# International 3434 Industrial Loader



## Switch10 (Oct 26, 2015)

Hi,
First time on any forum! I have recently adopted an international tractor. After lots of searching managed to identify it as an International 3434 industrial loader tractor. THis has been stuck in a barn for a number of years. After a bit of fixing and tinkering around Ive got it running and all working. Im looking for information on this tractor as internet searches dont give much. Was hoping that there would be a few experts and willing people on here!
One thing I need fairly quickly is the tyre size that should be fitted to the front. Currently I believe they are original rims with 4x4 tyres fitted. These are perished and need replacing. So first challenge for you guys is what should I fit on the front!?

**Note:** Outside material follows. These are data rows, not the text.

-- ===== src/Heap/Chain.antt =====
-- The abstract heap: segments that lie one behind the other, each in use or free.
use rastapopoulos.Base.{
  Bool, List, [], arith, false, if◌then◌else◌, true, ℕ, ◌++◌, ◌+◌, ◌∙◌, ◌∷◌, ◌≡◌, ◌≤◌,
}
use rastapopoulos.Heap.{Block, block_header, magic_allocated, magic_free}

pub record Segment : Type 0 where
  pub used : Bool
  pub bytes : ℕ

unfoldable pub total : List Segment → ℕ
total [] = 0
total (s ∷ segments) = s.bytes + total segments

-- The block that a segment is, and the blocks of segments from an address on.
abbrev pub block_at : ℕ → Bool → ℕ → Block
block_at a true n = record { address = a; magic = magic_allocated; flags = 1; size = n }
block_at a false n = record { address = a; magic = magic_free; flags = 0; size = n }

unfoldable pub blocks_from : ℕ → List Segment → List Block
blocks_from a [] = []
blocks_from a (s ∷ segments) = block_at a s.used s.bytes ∷ blocks_from (a + s.bytes) segments

-- Each segment has room for its header.
abbrev pub AllSized : List Segment → Type 0
AllSized [] = Unit
AllSized (s ∷ segments) = (block_header ≤ s.bytes) × AllSized segments

abbrev pub free_segment : ℕ → Segment
free_segment n = record { used = false; bytes = n }

abbrev pub used_segment : ℕ → Segment
used_segment n = record { used = true; bytes = n }

-- Giving `n` bytes back: they are joined with what is free behind them, and in front of them.
unfoldable pub joined_behind : ℕ → List Segment → List Segment
joined_behind n [] = free_segment n ∷ []
joined_behind n (s ∷ segments) =
    if s.used then free_segment n ∷ s ∷ segments else free_segment (n + s.bytes) ∷ segments

unfoldable pub released : List Segment → ℕ → List Segment → List Segment
released [] n behind = joined_behind n behind
released (p ∷ []) n behind =
    if p.used then p ∷ joined_behind n behind else joined_behind (p.bytes + n) behind
released (p ∷ q ∷ front) n behind = p ∷ released (q ∷ front) n behind

pub total-append : (xs ys : List Segment) → total (xs ++ ys) ≡ total xs + total ys
unfolding total
total-append [] ys = omega arith
total-append (s ∷ xs) ys = omega (arith, total-append xs ys)

total-joined_behind :
    (n : ℕ) (behind : List Segment) → total (joined_behind n behind) ≡ n + total behind
unfolding total joined_behind
total-joined_behind n [] = omega arith
total-joined_behind n (s ∷ behind) = ground arith

pub total-released :
    (front : List Segment) (n : ℕ) (behind : List Segment)
    → total (released front n behind) ≡ total front + (n + total behind)
unfolding total released
total-released [] n behind = total-joined_behind n behind ∙ omega arith
total-released (p ∷ []) n behind =
    ground (arith, total-joined_behind n behind, total-joined_behind (p.bytes + n) behind)
total-released (p ∷ q ∷ front) n behind = omega (arith, total-released (q ∷ front) n behind)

Any other information people can give me on this great little tractor would be appreciated. Mainly around the hydraulic circuit and fluid levels. Where do I check the oil level in the back axle? What grade of oil is recommended? What grade of oil is recommended in the engine?

Thanks
Andy


----------



## sixbales (May 18, 2011)

Howdy Andy,

Welcome to the tractor forum.

Actually, that has to be a rare tractor! Messick's list of International tractors parts search doesn't include an IH 3434. I found a few old posts on the YT forum from guys searching for parts. No 3434's in salvage that I could find. Good Luck!!


----------



## Switch10 (Oct 26, 2015)

Hi Sixbales,

Thanks for the reply, I am finding it difficult to find information on this tractor. I think it is based on an IH 434. Modified to incorporate hydraulic tank in the wing, sliding cab door and other mods to allow a factory fitted loader, fully welded frame and chassis. No rear hydraulics, just pto.

Ill keep searching, hopefully someone on here will see this and be able to help.

Thanks
Andy


----------



## n194060 (Sep 5, 2015)

Send us a pic and maybe somebody may recognize it.


----------



## n194060 (Sep 5, 2015)

Wow your right. Not a ton of info on them but I did find a few pics of the 3434. There are a few manuals out there so let me know if you need one and I'll forward the info.


----------



## markopolo50 (Aug 24, 2010)

Now that is a neat International. Where is the RED??


----------



## Switch10 (Oct 26, 2015)

Hi All, thanks for the interest. I'll get a pic and put it on here. The one I have is similar to the photos. Maybe a little older, the cab is smaller and less modern looking!!


----------



## Switch10 (Oct 26, 2015)

Hi
Pictures of the 3434. Original colour was yellow, at sometime someone has gone green! If anyone has any information on this tractor it would be great. Just fitted the new tyres and rims on the front. We use this tractor on a weekly basis so it is used and not just a project. Since bringing it back to life Ive concentrated on fixing various oil leaks. My plan is to do bits as I go along bringing it back to a good standard!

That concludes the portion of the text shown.